Studious undergraduates from China’s countryside can seldom afford the notebook computers, designer mobile phones and dreams of graduate school that their more moneyed urban peers have counted on for years. Rural parents might have saved up the minimum undergraduate tuition for a child’s entire lifetime, sometimes at the expense of their own health care. No wonder college students from rural China feel intense pressure to repay elders as soon as possible by sending money back to the family from a lucrative career job right out of school. Here’s what can happen when rich and poor classmates go to dinner:

Student letters to a foreign agony uncle

Dear Ralph,

I'm a freshman at a university in Nanjing. Recently, some of my roommates' parents went to see them with a lot of new clothes and food. Then they invited our whole dormitory to have meals. I've attended three such meals. My parents are both (blue-collar) workers, and they hardly have holidays, even during festivals. Besides, my home is not very rich compared to those of my roommates. It would cost a lot for them to come to my university even once. So I didn't slip even a word to my parents. But I do feel guilt, and I hope I can invite my roommates as they have invited me. What can I do?

Liu Yan, Jiangsu province

November 2001

There are currently 4 Comments for Just an ice water, please.

Comments on Just an ice water, please

Chinese education is a nothing but a big fiasco.
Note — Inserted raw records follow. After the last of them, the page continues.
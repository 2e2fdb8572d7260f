-- ===== src/Config/Effort/Nearest.antt =====
-- A clamped effort is the nearest allowed level, the higher one of two that are as near.
use oh_my_api.Base.{
  ℕ, ◌≤◌, ◌<◌, ◌≡◌, refl, ◌≢◌, ◌⊎◌, inl, inr, true, false, none, some, List, [], ◌∷◌, arith, All,
  Some, is_some, Text, text_eq, text_eq_iff, trim_space, to_lower, ℤ, pos_part, neg_part, sym, any,
  subst, ap, Bool-cases, Option-cases,
}
use oh_my_api.Config.Effort.{
  effort_rank, distance, Best, start_best, consider_all, value_rank, clamp_effort,
  apply_reasoning_effort, ReasoningEffortAction, replace,
}
use oh_my_api.Config.Effort.Candidates.{
  NoWorse, Chosen, Nearest, consider_all-NoWorse, consider_all-Chosen,
}

effort_rank-bounds :
    (a : Text) {r : ℤ} → effort_rank a ≡ some r → (pos_part r ≤ 4) × (neg_part r ≤ 1)
unfolding effort_rank
effort_rank-bounds a e = ground arith

value_rank-bounds : (v : Text) → (pos_part (value_rank v) ≤ 5) × (neg_part (value_rank v) ≤ 1)
value_rank-bounds v = elim (Option-cases (effort_rank v)) [
  | inl e ↦ ground arith
  | inr (r, e) ↦ ground (arith, effort_rank-bounds v e)
]

distance-small :
    (a b : ℤ)
    → pos_part a ≤ 5
    → neg_part a ≤ 1
    → pos_part b ≤ 4
    → neg_part b ≤ 1
    → distance a b < 100
unfolding distance
distance-small a b h k h' k' = ground arith

effort_rank-empty : effort_rank [] ≡ none
unfolding effort_rank text_eq
effort_rank-empty = refl

-- The loop's first values do not survive a known level.
never_starts :
    (v : ℤ) (a : Text) (allowed : List Text) {b : Best}
    → (pos_part v ≤ 5) × (neg_part v ≤ 1)
    → is_some (effort_rank a) ≡ true
    → b ≡ start_best
    → All (Nearest v b.gap b.rank) (a ∷ allowed)
    → ⊥
never_starts v a allowed bound known e near = elim (Option-cases (effort_rank a)) [
  | inl absent ↦ ground arith
  | inr (r, ranked) ↦
      let small =
        distance-small v r bound.0 bound.1 (effort_rank-bounds a ranked).0
          (effort_rank-bounds a ranked).1 in
      let far = near.0 r ranked in ground arith
]

clamp-Chosen :
    (value : Text) (allowed : List Text)
    → Chosen (value_rank value) allowed (consider_all (value_rank value) allowed start_best)
    → clamp_effort value allowed ≡ (consider_all (value_rank value) allowed start_best).effort
unfolding clamp_effort
clamp-Chosen value allowed c =
    let best = consider_all (value_rank value) allowed start_best in
    elim (Bool-cases (text_eq best.effort [])) [
      | inl empty ↦
          let e = (text_eq_iff best.effort []).0 empty in
          let r = c.ranked in ground (arith, effort_rank-empty, ap effort_rank e)
      | inr full ↦ rw full
    ]

-- One of the allowed levels, with no other that is nearer to the rank `v`, or as near and higher.
abbrev pub IsNearest : ℤ → List Text → Text → Type 0
IsNearest v allowed t =
    (k : ℤ) × (effort_rank t ≡ some k)
    × Some (λ a. a ≡ t) allowed
    × All (Nearest v (distance v k) k) allowed

clamp_effort-IsNearest :
    (value : Text) (a : Text) (allowed : List Text)
    → is_some (effort_rank a) ≡ true
    → IsNearest (value_rank value) (a ∷ allowed) (clamp_effort value (a ∷ allowed))
clamp_effort-IsNearest value a allowed known = go (consider_all-Chosen v all start_best)
  where
    v : ℤ
    v = value_rank value

    all : List Text
    all = a ∷ allowed

    best : Best
    best = consider_all v all start_best

    near : All (Nearest v best.gap best.rank) all
    near = (consider_all-NoWorse v all start_best).1

    go : (best ≡ start_best) ⊎ Chosen v all best → IsNearest v all (clamp_effort value all)
    go (inl e) = absurd (never_starts v a allowed (value_rank-bounds value) known e near)
    go (inr c) =
        subst (IsNearest v all) (sym (clamp-Chosen value all c))
          (best.rank, c.ranked, c.member, subst (λ g. All (Nearest v g best.rank) all) c.apart near)

exact-NoWorse : (v r : ℤ) → NoWorse (distance v v) v (distance v r) r
unfolding distance
exact-NoWorse v r = ground arith

exact-Nearest : (v : ℤ) (allowed : List Text) → All (Nearest v (distance v v) v) allowed
exact-Nearest v [] = tt
exact-Nearest v (a ∷ allowed) = (λ r e. exact-NoWorse v r, exact-Nearest v allowed)

any-Some : (t : Text) (xs : List Text) → any (λ x. text_eq x t) xs ≡ true → Some (λ x. x ≡ t) xs
any-Some t [] h = cc
any-Some t (x ∷ xs) h = elim (Bool-cases (text_eq x t)) [
  | inl e ↦ inl ((text_eq_iff x t).0 e)
  | inr e ↦ inr (any-Some t xs (rw e at h))
]

known_member :
    (t : Text) (xs : List Text)
    → All (λ a. is_some (effort_rank a) ≡ true) xs
    → Some (λ a. a ≡ t) xs
    → is_some (effort_rank t) ≡ true
known_member t [] h m = absurd m
known_member t (x ∷ xs) h (inl e) = subst (λ y. is_some (effort_rank y) ≡ true) e h.0
known_member t (x ∷ xs) h (inr m) = known_member t xs h.1 m

exact-IsNearest :
    (t : Text) (allowed : List Text)
    → is_some (effort_rank t) ≡ true
    → Some (λ a. a ≡ t) allowed
    → IsNearest (value_rank t) allowed t
exact-IsNearest t allowed known m = elim (Option-cases (effort_rank t)) [
  | inl e ↦ ground arith
  | inr (r, e) ↦
      let same : value_rank t ≡ r = ground arith in
      subst (λ v. IsNearest v allowed t) (sym same) (r, e, m, exact-Nearest r allowed)
]

module _ (table : ℕ → ℕ) (value a : Text) (allowed : List Text) (ne : trim_space value ≢ []) where
  apply_exact :
      any (λ x. text_eq x (to_lower table (trim_space value))) (a ∷ allowed) ≡ true
      → apply_reasoning_effort table value (a ∷ allowed)
        ≡ (to_lower table (trim_space value), replace)
  unfolding apply_reasoning_effort
  apply_exact e = ground (arith, text_eq_iff (trim_space value) [])

  apply_clamped :
      any (λ x. text_eq x (to_lower table (trim_space value))) (a ∷ allowed) ≡ false
      → apply_reasoning_effort table value (a ∷ allowed)
        ≡ (clamp_effort (to_lower table (trim_space value)) (a ∷ allowed), replace)
  unfolding apply_reasoning_effort
  apply_clamped e = ground (arith, text_eq_iff (trim_space value) [])

-- With known levels allowed, a value that is not blank is replaced by the nearest of them: it is
-- one of the allowed levels, and none of them is nearer to the rank of the trimmed value in lower
-- case, or as near and higher. (The rank of an unknown value is above that of all levels.)
pub apply_reasoning_effort-IsNearest :
    (table : ℕ → ℕ) (value : Text) (a : Text) (allowed : List Text)
    → All (λ x. is_some (effort_rank x) ≡ true) (a ∷ allowed)
    → trim_space value ≢ []
    → let (t, action) = apply_reasoning_effort table value (a ∷ allowed) in
      (action ≡ replace)
      × IsNearest (value_rank (to_lower table (trim_space value))) (a ∷ allowed) t
apply_reasoning_effort-IsNearest table value a allowed known ne =
    elim (Bool-cases (any (λ x. text_eq x lowered) (a ∷ allowed))) [
      | inl e ↦
          let m = any-Some lowered (a ∷ allowed) e in
          subst Right (sym (apply_exact table value a allowed ne e)) (
            refl,
            exact-IsNearest lowered (a ∷ allowed) (known_member lowered (a ∷ allowed) known m) m,
          )
      | inr e ↦
          subst Right (sym (apply_clamped table value a allowed ne e))
            (refl, clamp_effort-IsNearest lowered a allowed known.0)
    ]
  where
    lowered : Text
    lowered = to_lower table (trim_space value)

    Right : Text × ReasoningEffortAction → Type 0
    Right r = (r.1 ≡ replace) × IsNearest (value_rank lowered) (a ∷ allowed) r.0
In 1998 When the communist party started to build up a whole group of middle-class in order to moderate the possible concussion from the working under class as the gab between the rich and the poor is widenning up, something was either deliberately or inadvertently ignored. They didn't think if this education frenzy is going to have a backslash, if the college graduates would be better off to have this overpriced education .The reality now is it is a big stupid mistake that makes the poor even poorer, the rich richer, and this is a communist country claiming that we would after all be equally rich if not poor.

TankMan: Replace "Chinese" by "American" and "Communism" by "Bush regime" in your text and you got it pretty accurate.

I think this has a lot to do with the Chinese culture. Most parents are from the older generation and have worked their whole childhood and didn't have the chance to go to school and have a proper education. That is why parents from the older generation want their children to have a better education these days. They don't want their children to go through what they have gone through, hard work and no proper schooling, so also no proper jobs.

When children are raised properly in the Chinese culture, they feel this commitment, that they have to look after their parents and take care of them financially, because they have spent a lot of money for their education, but they see it as an investment for the future.

and Yet the truth is, it is the parents that is continue to support the child after graduation. paying down payment on their houses (sometimes make mortgage payments too), pay for weddings and become free nannies for their grand kids. And what does the kids pay? pretty much just medical and funeral, if they are filial.